Toestemming voor overlevering op basis van Europees aanhoudingsbevel met betrekking tot niet betalen van kinderalimentatie

Op 20 december 2022 heeft de Rechtbank Amsterdam uitspraak gedaan in een zaak betreffende de overlevering van een opgeëiste persoon aan Polen op basis van een Europees aanhoudingsbevel (EAB). De zaak betreft een vordering ex artikel 23 van de Overleveringswet (OLW), ingediend door de officier van justitie. Het EAB, uitgevaardigd op 7 april 2017, betreft de aanhouding en overlevering van de opgeëiste persoon, die in Polen is veroordeeld tot een vrijheidsstraf van 8 maanden wegens het niet betalen van kinderalimentatie. De rechtbank heeft de identiteit van de opgeëiste persoon vastgesteld en de procesgang gevolgd, waarbij de opgeëiste persoon werd bijgestaan door zijn raadsvrouw en een tolk.

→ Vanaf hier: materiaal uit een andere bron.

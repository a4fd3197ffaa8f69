-- ===== src/Notifications/PlacesKept.antt =====
-- That the handlers of app/notifications/api.py keep to the ten places on the shared mail account.
use job_ping.Base.{
  ℕ, refl, inl, inr, Bool, true, false, not, ◌||◌, Option, none, some, List, [], ◌∷◌, arith, find,
  any, ◌==◌, nat_eq, Bool-cases, Text, codes, list_eq, Result, ok, err, Exec, is_empty, pure, guard,
  modify, Keeps, Keeps-seq, ◌>>=◌, ◌>>◌, and_then,
}
use job_ping.Notifications.Models.{Subscriber, Mailbox}
use job_ping.Notifications.Budget.{is_shared}
use job_ping.Notifications.Claims.{set_user}
use job_ping.Notifications.Webhook.{RequestError, http, cancel_pending, or_undone}
use job_ping.Notifications.Admitted.{Caller, Fresh, admit}
use job_ping.Notifications.Preferences.{
  is_recent_test, encrypted_hook, PreferenceCall, Surroundings, handle, respond, store_provider,
  with_provider, remove_provider, without_provider, queue_test, unsubscribe_found, opted_out,
  get_settings, put_settings, put_provider, delete_provider, test_provider, unsubscribe, has_place,
  settle_settings,
}
use job_ping.Notifications.Places.{
  HasPlaces, IsAdmitted, set-HasPlaces, cancel-HasPlaces, admit-IsAdmitted,
}
use job_ping.Notifications.SettingsPlaces.{settle-HasPlaces}

admitted-HasPlaces :
    (id : ℕ) (r : Result RequestError Subscriber × Mailbox) → IsAdmitted id r → HasPlaces r.1
admitted-HasPlaces id (ok u, n) h = h.0
admitted-HasPlaces id (err e, n) h = h

module _ (f : Fresh) (who : Caller) (timezone : Text) where
  admit-step : (m : Mailbox) → HasPlaces m → IsAdmitted who.uid (admit f who timezone m)
  unfolding admit
  admit-step m h =
      admit-IsAdmitted f who timezone (find (λ u. u.id == who.uid) m.subscribers) m h refl

  admit-Keeps : Keeps HasPlaces (admit f who timezone)
  admit-Keeps = record {
    at = λ m h. admitted-HasPlaces who.uid (admit f who timezone m) (admit-step m h);
  }

  -- An action that follows an admission, and may read the caller's row.
  after-admission :
      (g : Subscriber → Exec RequestError Mailbox Unit)
      → ((u : Subscriber) (n : Mailbox) → IsAdmitted who.uid (ok u, n) → HasPlaces (g u n).1)
      → Keeps HasPlaces (admit f who timezone >>= g)
  after-admission g k = record { at = λ m h. cases (admit f who timezone m) (admit-step m h) }
    where
      cases :
          (r : Result RequestError Subscriber × Mailbox)
          → IsAdmitted who.uid r
          → HasPlaces (and_then r.0 g r.1).1
      cases (ok u, n) h = k u n h
      cases (err e, n) h = h

store-HasPlaces :
    (f : Fresh) (sender : Text) (user : ℕ) (c : Option Text) (k : Option (Option Text))
    (m : Mailbox)
    → HasPlaces m
    → HasPlaces (store_provider f sender user c k m).1
unfolding store_provider with_provider has_place is_shared
store-HasPlaces f sender user (some c) (some k) m h =
    set-HasPlaces user (with_provider f sender c k) (cancel_pending user m) (λ u. refl)
      (λ u k. absurd (ground arith)) (cancel-HasPlaces user m h)
store-HasPlaces f sender user none k m h = h
store-HasPlaces f sender user (some c) none m h = h

remove-HasPlaces :
    (f : Fresh) (user : ℕ) (m : Mailbox) → HasPlaces m → HasPlaces (remove_provider f user m)
unfolding remove_provider without_provider has_place is_shared
remove-HasPlaces f user m h =
    set-HasPlaces user (without_provider f) (cancel_pending user m) (λ u. refl)
      (λ u k. absurd (ground arith)) (cancel-HasPlaces user m h)

queue-HasPlaces :
    (now : ℕ) (u : Subscriber) (m : Mailbox) → HasPlaces m → HasPlaces (queue_test now u m).1
unfolding queue_test
queue-HasPlaces now u m h = elim (Bool-cases (not u.verified || u.suppressed)) [
  | inl t ↦ rw t h
  | inr t ↦ elim (Bool-cases (is_shared u.provider || is_empty u.key_ciphertext)) [
    | inl k ↦ rw (t, k) h
    | inr k ↦ elim (Bool-cases (any (is_recent_test u.id now) m.deliveries)) [
      | inl l ↦ rw (t, k, l) h
      | inr l ↦ rw (t, k, l) (record { one_row = h.one_row; places = h.places })
    ]
  ]
]

unsubscribe-HasPlaces :
    (o : Option Subscriber) (m : Mailbox) → HasPlaces m → HasPlaces (unsubscribe_found o m).1
unfolding unsubscribe_found opted_out has_place
unsubscribe-HasPlaces none m h = h
unsubscribe-HasPlaces (some u) m h =
    cancel-HasPlaces u.id (set_user u.id opted_out m)
      (set-HasPlaces u.id opted_out m (λ u. refl) (λ u k. absurd (ground arith)) h)

guard-Keeps : {E S : Type 0} (P : S → Type 0) (b : Bool) (e : E) → Keeps P (guard {S = S} b e)
guard-Keeps P true e = record { at = λ s h. h }
guard-Keeps P false e = record { at = λ s h. h }

handle-Keeps :
    (env : Surroundings) (f : Fresh) (now : ℕ) (c : PreferenceCall)
    → Keeps HasPlaces (handle env f now c)
unfolding handle
handle-Keeps env f now (get_settings who timezone) =
    Keeps-seq HasPlaces (guard (env.is_zone timezone) (http 422) >> admit f who timezone) (pure tt)
      (Keeps-seq HasPlaces (guard (env.is_zone timezone) (http 422)) (admit f who timezone)
        (guard-Keeps HasPlaces (env.is_zone timezone) (http 422)) (admit-Keeps f who timezone))
      (record { at = λ m h. h })
handle-Keeps env f now (put_settings who s) =
    Keeps-seq HasPlaces (guard (env.is_zone s.timezone) (http 422))
      (admit f who (codes "UTC") >>= settle_settings env.zones now s who)
      (guard-Keeps HasPlaces (env.is_zone s.timezone) (http 422))
      (after-admission f who (codes "UTC") (settle_settings env.zones now s who)
        (settle-HasPlaces env.zones now s who))
handle-Keeps env f now (put_provider who b) =
    let cipher = env.encrypt b.api_key in
    let hook = encrypted_hook env.encrypt b.webhook_secret in
    Keeps-seq HasPlaces (admit f who (codes "UTC")) (store_provider f b.sender who.uid cipher hook)
      (admit-Keeps f who (codes "UTC"))
      (record { at = store-HasPlaces f b.sender who.uid cipher hook })
handle-Keeps env f now (delete_provider who) =
    Keeps-seq HasPlaces (admit f who (codes "UTC")) (modify (remove_provider f who.uid))
      (admit-Keeps f who (codes "UTC")) (record { at = remove-HasPlaces f who.uid })
handle-Keeps env f now (test_provider who) =
    after-admission f who (codes "UTC") (queue_test now) (λ u n h. queue-HasPlaces now u n h.0)
handle-Keeps env f now (unsubscribe token) = record {
  at = λ m h. unsubscribe-HasPlaces (find (λ u. u.unsubscribe_token == token) m.subscribers) m h;
}

undone-HasPlaces :
    (m : Mailbox) (r : Result RequestError Unit × Mailbox)
    → HasPlaces m
    → HasPlaces r.1
    → HasPlaces (or_undone m r).1
unfolding or_undone
undone-HasPlaces m (ok t, n) h k = k
undone-HasPlaces m (err e, n) h k = h

-- The requests, one after the other, each with its random texts and its time.
unfoldable pub respond_all : Surroundings → List (Fresh × ℕ × PreferenceCall) → Mailbox → Mailbox
unfolding respond
respond_all env [] m = m
respond_all env ((f, now, c) ∷ cs) m = respond_all env cs (respond env f now c m).1

-- Where there is one row for a subscriber and ten places on the shared account are taken at most, there are so after
-- any requests for settings and accounts by any callers, in any order.
pub respond_all-HasPlaces :
    (env : Surroundings) (cs : List (Fresh × ℕ × PreferenceCall)) (m : Mailbox)
    → HasPlaces m
    → HasPlaces (respond_all env cs m)
unfolding respond_all respond
respond_all-HasPlaces env [] m h = h
respond_all-HasPlaces env ((f, now, c) ∷ cs) m h =
    respond_all-HasPlaces env cs (respond env f now c m).1
      (undone-HasPlaces m (handle env f now c m) h ((handle-Keeps env f now c).at m h))
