-- ===== src/Notifications/PreferenceExamples.antt =====
-- Runs of the handlers of settings and accounts.
use job_ping.Base.{
  ℕ, ◌≡◌, refl, true, false, none, some, [], ◌∷◌, codes, any, arith, take, order_by, elem, List,
  length, nat_eq,
}
use job_ping.Notifications.Models.{DeliveryKind-discrete, DeliveryStatus-discrete}
use job_ping.Notifications.MatchAll.{match_backlog, is_pending}
use job_ping.Notifications.MatchEnds.{matching_ends}
use job_ping.Notifications.Admitted.{Caller, Fresh}
use job_ping.Notifications.Preferences.{
  has_place, PreferenceCall, get_settings, put_settings, unsubscribe, Surroundings, Settings,
}
use job_ping.Notifications.Places.{HasPlaces}
use job_ping.Notifications.PlacesKept.{respond_all, respond_all-HasPlaces}
use job_ping.Notifications.Examples.{inbox, utc_zone}

matching_ends_example :
    (any is_pending (match_backlog 920000 inbox).events ≡ false)
    × ((match_backlog 920000 inbox).occurrences ≡ inbox.occurrences)
    × ((match_backlog 920000 inbox).postings ≡ inbox.postings)
    × ((match_backlog 920000 inbox).subscribers ≡ inbox.subscribers)
matching_ends_example = matching_ends 920000 inbox (
  record {
    occurrence = record { id = 5; job_id = 9; reposted = false; closed_at = none };
    job = record { id = 9; job_type = codes "internship"; season = 2026 };
    has_occurrence = refl;
    has_job = refl;
  },
  tt,
)

abbrev surroundings : Surroundings
surroundings = record { zones = λ name. utc_zone; is_zone = λ name. true; encrypt = λ t. some t }

abbrev fresh : Fresh
fresh = record { token = codes "t"; webhook_id = codes "h"; version = codes "v2" }

abbrev newcomer : Caller
newcomer = record { uid = 7; email = codes "n@e.w"; verified = true }

abbrev only_alerts : Settings
only_alerts = record {
  alerts = true;
  recap = false;
  job_types = codes "internship" ∷ [];
  seasons = 2026 ∷ [];
  timezone = codes "UTC";
}

abbrev calls : List (Fresh × ℕ × PreferenceCall)
calls =
    (fresh, 920000, get_settings newcomer (codes "UTC"))
    ∷ (fresh, 920010, put_settings newcomer only_alerts)
    ∷ (fresh, 920020, unsubscribe (codes "u1"))
    ∷ []

-- The newcomer takes the second place, and the first one is given up.
places_after : length (respond_all surroundings calls inbox).subscribers ≡ 2
unfolding respond_all take order_by elem DeliveryKind-discrete DeliveryStatus-discrete
places_after = refl

inbox-HasPlaces : HasPlaces inbox
unfolding has_place
inbox-HasPlaces = record { one_row = (refl, tt); places = omega arith }

respond_all-HasPlaces_example : HasPlaces (respond_all surroundings calls inbox)
respond_all-HasPlaces_example = respond_all-HasPlaces surroundings calls inbox inbox-HasPlaces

De rechtbank heeft de argumenten van de raadsvrouw overwogen, die stelde dat de overlevering geweigerd moest worden op grond van artikel 12 OLW, omdat de opgeëiste persoon geen gebruik heeft kunnen maken van zijn verdedigingsrechten. De rechtbank oordeelde echter dat de mededeling van de Poolse autoriteiten dat de opgeëiste persoon op de hoogte was van de zitting voldoende was en dat de weigeringsgrond niet van toepassing was.

Vervolgens heeft de rechtbank de vraag van dubbele strafbaarheid behandeld. De opgeëiste persoon was in Polen veroordeeld voor een feit dat in Nederland niet strafbaar is, namelijk het niet betalen van kinderalimentatie. De rechtbank concludeerde dat er geen sprake was van dubbele strafbaarheid en dat de overlevering niet in strijd was met het legaliteitsbeginsel. De rechtbank heeft uiteindelijk geoordeeld dat het EAB voldeed aan de eisen van de OLW en dat er geen weigeringsgronden waren, waardoor de overlevering werd toegestaan.

Uitspraak

RECHTBANK AMSTERDAM

INTERNATIONALE RECHTSHULPKAMER

Parketnummer: 13/264914-22
RK nummer: 22/4514
Datum uitspraak: 20 december 2022
UITSPRAAK
op de vordering ex artikel 23 Overleveringswet (OLW), ingediend door de officier van justitie bij deze rechtbank. Deze vordering dateert van 17 oktober 2022 en betreft onder meer het in behandeling nemen van een Europees aanhoudingsbevel (EAB). Dit EAB is uitgevaardigd op
7 april 2017 door
the District Court of Legnica – III Criminal Department(Polen) en strekt tot de aanhouding en overlevering van:
[opgeëiste persoon] ,
geboren te [geboorteplaats] (Polen) op [geboortedag] 1980,
zonder vaste woon- of verblijfplaats in Nederland,
gedetineerd in de Penitentiaire Inrichting te [detentieplaats] ,
hierna te noemen de opgeëiste persoon.

1.Procesgang

De vordering is behandeld op de openbare zitting van 6 december 2022. Het verhoor heeft plaatsgevonden in tegenwoordigheid van de officier van justitie, mr. K. van der Schaft. De opgeëiste persoon is bijgestaan door zijn raadsvrouw, mr. S. Schilder, advocaat te Utrecht, en door een tolk in de Poolse taal.
Op grond van artikel 22, derde lid, OLW heeft de rechtbank de termijn waarbinnen zij op grond van het eerste lid van dit artikel uitspraak moet doen met dertig dagen verlengd omdat zij die verlenging nodig heeft om over de verzochte overlevering te beslissen.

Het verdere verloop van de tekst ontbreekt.